Suppose that $\omega_1,\omega_2\in\mathbb{C}$ with $\Im\omega_1/\omega_2>0$. Then consider the lattice $\Lambda=\mathbb{Z}\omega_1+\mathbb{Z}\omega_2$. We can form a torus as $\mathbb{C}/\Lambda$. We call meromorphic functions on $\mathbb{C}/\Lambda$ elliptic functions with respect to $\Lambda$.

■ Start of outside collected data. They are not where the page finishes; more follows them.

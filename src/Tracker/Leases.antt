-- ===== src/Tracker/Leases.antt =====
-- The leases that the tracker holds, as an abstract view of its maps, and what the loops of
-- `GetObservers` (tracker/enqueue.go) keep of them.
use reconciler_runtime.Base.{
  ◌≡◌, refl, subst, ◌∙◌, inl, inr, Bool, false, not, ◌&&◌, ◌||◌, Option, none, some, List, [], ◌∷◌,
  String, arith, if◌then◌else◌, Bool-cases, Option-cases,
}
use reconciler_runtime.Base.Map.{
  Map, ◌=?◌, lookup, add, has, IsKeyed, lookup-insert, lookup-erase, has-add, IsMapOf,
}
use reconciler_runtime.Tracker.{
  Time, NamespacedName, External, ReferenceKey, MatcherKey, name_key, matcher_key, reference_key,
  ExactSet, Matcher, Matchers, InexactSet, Impl,
}
use reconciler_runtime.Tracker.Methods.{
  after, admits, observe_exact, observe_matchers, observe_inexact, store_left, exact_observers,
  inexact_observers,
}

-- A lease that has not run out.
abbrev pub unexpired : Time → Option Time → Option Time
unexpired now none = none
unexpired now (some expiry) = if after now expiry then none else some expiry

abbrev pub is_live : Time → Option Time → Bool
is_live now none = false
is_live now (some expiry) = not (after now expiry)

pub lookup-observe_exact :
    (ext : External) (now : Time) (s : ExactSet) (keys : List NamespacedName) (k : NamespacedName)
    → IsKeyed s
    → lookup k (observe_exact ext now s keys).0 ≡ unexpired now (lookup k s)
unfolding observe_exact
lookup-observe_exact ext now [] keys k h = refl
lookup-observe_exact ext now ((key, expiry) ∷ s) keys k h = ground (
  arith,
  name_key.same_iff key k,
  lookup-observe_exact ext now s keys k h.1,
  lookup-observe_exact ext now s (add key keys) k h.1,
)

has-observe_exact :
    (ext : External) (now : Time) (s : ExactSet) (keys : List NamespacedName) (k : NamespacedName)
    → IsKeyed s
    → has k (observe_exact ext now s keys).1 ≡ (has k keys || is_live now (lookup k s))
unfolding observe_exact
has-observe_exact ext now [] keys k h = ground arith
has-observe_exact ext now ((key, expiry) ∷ s) keys k h = ground (
  arith,
  name_key.same_iff key k,
  has-observe_exact ext now s keys k h.1,
  has-observe_exact ext now s (add key keys) k h.1,
  has-add key k keys,
)

-- Does one of the matchers hold a lease that has not run out, and match?
abbrev pub watches : (ext : External) → Time → String → ext.Labels → Matchers ext.Selector → Bool
watches ext now namespace ls [] = false
watches ext now namespace ls ((k, m) ∷ ms) =
    not (after now m.expiry) && admits ext namespace ls k m || watches ext now namespace ls ms

abbrev pub watches? :
    (ext : External) → Time → String → ext.Labels → Option (Matchers ext.Selector) → Bool
watches? ext now namespace ls none = false
watches? ext now namespace ls (some ms) = watches ext now namespace ls ms

module _ (ext : External) (now : Time) (namespace : String) (ls : ext.Labels) where
  has-observe_matchers :
      (key : NamespacedName) (ms : Matchers ext.Selector) (keys : List NamespacedName)
      (k : NamespacedName)
      → has k (observe_matchers ext now namespace ls key ms keys).1
        ≡ (has k keys || key =? k && watches ext now namespace ls ms)
  unfolding observe_matchers
  has-observe_matchers key [] keys k = ground arith
  has-observe_matchers key ((j, m) ∷ ms) keys k =
      let keys' = if admits ext namespace ls j m then add key keys else keys in
      elim (Bool-cases (after now m.expiry)) [
        | inl lapsed ↦ rw (lapsed, observe_matchers) (has-observe_matchers key ms keys k)
        | inr alive ↦
            rw (alive, observe_matchers)
              (has-observe_matchers key ms keys' k
                ∙ elim (Bool-cases (admits ext namespace ls j m)) [
                  | inl yes_m ↦ rw yes_m (rw (has-add key k keys) (ground arith))
                  | inr no_m ↦ rw no_m
                ])
      ]

  has-observe_inexact :
      (is : InexactSet ext.Selector) (keys : List NamespacedName) (k : NamespacedName)
      → IsKeyed is
      → has k (observe_inexact ext now namespace ls is keys).1
        ≡ (has k keys || watches? ext now namespace ls (lookup k is))
  unfolding observe_inexact
  has-observe_inexact [] keys k h = ground arith
  has-observe_inexact ((key, ms) ∷ is) keys k h =
      let keys' = (observe_matchers ext now namespace ls key ms keys).1 in
      has-observe_inexact is keys' k h.1
      ∙ rw (has-observe_matchers key ms keys k) (elim (Bool-cases (key =? k)) [
        | inl same ↦
            let absent : lookup k is ≡ none =
              subst (λ x. lookup x is ≡ none) ((name_key.same_iff key k).0 same) h.0 in
            rw (same, absent) (ground arith)
        | inr other ↦ rw other (ground arith)
      ])

  -- A matcher is left exactly when its lease has not run out.
  abbrev pub unexpired_matcher : Option (Matcher ext.Selector) → Option (Matcher ext.Selector)
  unexpired_matcher none = none
  unexpired_matcher (some m) = if after now m.expiry then none else some m

  pub lookup-observe_matchers :
      (key : NamespacedName) (ms : Matchers ext.Selector) (keys : List NamespacedName)
      (j : MatcherKey)
      → IsKeyed ms
      → lookup j (observe_matchers ext now namespace ls key ms keys).0
        ≡ unexpired_matcher (lookup j ms)
  unfolding observe_matchers
  lookup-observe_matchers key [] keys j h = refl
  lookup-observe_matchers key ((i, m) ∷ ms) keys j h =
      let keys' = if admits ext namespace ls i m then add key keys else keys in
      ground (
        arith,
        matcher_key.same_iff i j,
        lookup-observe_matchers key ms keys j h.1,
        lookup-observe_matchers key ms keys' j h.1,
      )

-- What a map that may be missing holds.
abbrev pub lookup? : {V : Type 0} → NamespacedName → Option (Map NamespacedName V) → Option V
lookup? key none = none
lookup? key (some m) = lookup key m

-- The lease by name of an observer on a reference.
abbrev pub exact_lease :
    {Selector : Type 0} → Impl Selector → ReferenceKey → NamespacedName → Option Time
exact_lease i ref key = lookup? key (lookup ref i.exact)

-- The leases by selector of an observer on a group and kind.
abbrev pub inexact_lease :
    {Selector : Type 0} → Impl Selector → ReferenceKey → NamespacedName → Option (Matchers Selector)
inexact_lease i ref key = lookup? key (lookup ref i.inexact)

-- No map has a key twice.
pub record IsKept {Selector : Type 0} (i : Impl Selector) : Type 0 where
  pub exact : IsMapOf IsKeyed i.exact
  pub inexact : IsMapOf (IsMapOf IsKeyed) i.inexact

pub has-exact_observers :
    (ext : External) (now : Time) (i : Impl ext.Selector) (ref : ReferenceKey) (k : NamespacedName)
    → IsKept i
    → has k (exact_observers ext now ref i.exact).1 ≡ is_live now (exact_lease i ref k)
unfolding exact_observers
has-exact_observers ext now i ref k h = elim (Option-cases (lookup ref i.exact)) [
  | inl e ↦ rw (e, exact_observers) refl
  | inr (s, e) ↦ rw (e, exact_observers) (has-observe_exact ext now s [] k (h.exact.values ref s e))
]

pub has-inexact_observers :
    (ext : External) (now : Time) (i : Impl ext.Selector) (ref : ReferenceKey) (namespace : String)
    (ls : ext.Labels) (keys : List NamespacedName) (k : NamespacedName)
    → IsKept i
    → has k (inexact_observers ext now ref namespace ls i.inexact keys).1
      ≡ (has k keys || watches? ext now namespace ls (inexact_lease i ref k))
unfolding inexact_observers
has-inexact_observers ext now i ref namespace ls keys k h =
    elim (Option-cases (lookup ref i.inexact)) [
      | inl e ↦ rw (e, inexact_observers) (ground arith)
      | inr (is, e) ↦
          rw (e, inexact_observers)
            (has-observe_inexact ext now namespace ls is keys k (h.inexact.values ref is e).keyed)
    ]

lookup?-store_left :
    {V : Type 0} (k : NamespacedName) (ref r : ReferenceKey) (s : Map NamespacedName V)
    (m : Map ReferenceKey (Map NamespacedName V))
    → IsKeyed m
    → lookup? k (lookup r (store_left ref s m))
      ≡ (if ref =? r then lookup k s else lookup? k (lookup r m))
lookup?-store_left k ref r [] m h =
    rw (lookup-erase ref r m h) (elim (Bool-cases (ref =? r)) [ inl q ↦ rw q | inr q ↦ rw q ])
lookup?-store_left k ref r (x ∷ s) m h =
    rw (lookup-insert ref r (x ∷ s) m)
      (elim (Bool-cases (ref =? r)) [ inl q ↦ rw q | inr q ↦ rw q ])

-- The lookup by name drops the leases on the reference that have run out, and no others.
pub exact_observers-exact_lease :
    (ext : External) (now : Time) (i : Impl ext.Selector) (ref r : ReferenceKey)
    (k : NamespacedName)
    → IsKept i
    → let i' = record i { exact = (exact_observers ext now ref i.exact).0 } in
      exact_lease i' r k
      ≡ (if ref =? r then unexpired now (exact_lease i r k) else exact_lease i r k)
unfolding exact_observers
exact_observers-exact_lease ext now i ref r k h = elim (Option-cases (lookup ref i.exact)) [
  | inl e ↦
      rw (e, exact_observers)
        (elim (Bool-cases (ref =? r)) [
          | inl q ↦
              let absent : lookup r i.exact ≡ none =
                subst (λ x. lookup x i.exact ≡ none) ((reference_key.same_iff ref r).0 q) e in
              rw (q, absent)
          | inr q ↦ rw q
        ])
  | inr (s, e) ↦
      let keyed = h.exact.values ref s e in
      let s' = (observe_exact ext now s []).0 in
      rw (e, exact_observers)
        (lookup?-store_left k ref r s' i.exact h.exact.keyed ∙ elim (Bool-cases (ref =? r)) [
          | inl q ↦
              let found : lookup r i.exact ≡ some s =
                subst (λ x. lookup x i.exact ≡ some s) ((reference_key.same_iff ref r).0 q) e in
              rw (q, found) (lookup-observe_exact ext now s [] k keyed)
          | inr q ↦ rw q
        ])
]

Now suppose that $f(u;\omega_1,\omega_2)$ is an elliptic function with the additional property that we can almost scale the arguments: $f(\lambda u;\lambda\omega_1,\lambda_2)=\lambda^{-k} f(u;\omega_1,\omega_2)$ for $\lambda\in\mathbb{C}\setminus\{0\}$. Then in particular we can scale $\omega_2$ to 1: $f(u;\omega_1,\omega_2)=\omega_2^{-k}f\left(\frac{u}{\omega_2};\frac{\omega_1}{\omega_2}\right)$, where now $f(v;z)$ is defined on $\mathbb{C}\times\mathbb{H}$. If we fix $v$ and consider $f$ as a function on $\mathbb{H}$, then we have $f(v;\gamma z)=(cz+d)^k f(v;z)$ for any $\gamma\in SL_2(\mathbb{Z})$. (If $\gamma=\begin{pmatrix} a & b \\ c & d\end{pmatrix}\in SL_2(\mathbb{Z})$, then we define $\gamma z=\frac{az+b}{cz+d}$.)

We call a function $f:\mathbb{H}\to\mathbb{C}$ satisfying $f(\gamma z)=(cz+d)^k f(z)$ for all $\gamma\in SL_2(\mathbb{Z})$ a modular function.

The point of all that is the elliptic functions can be naturally turned into modular functions.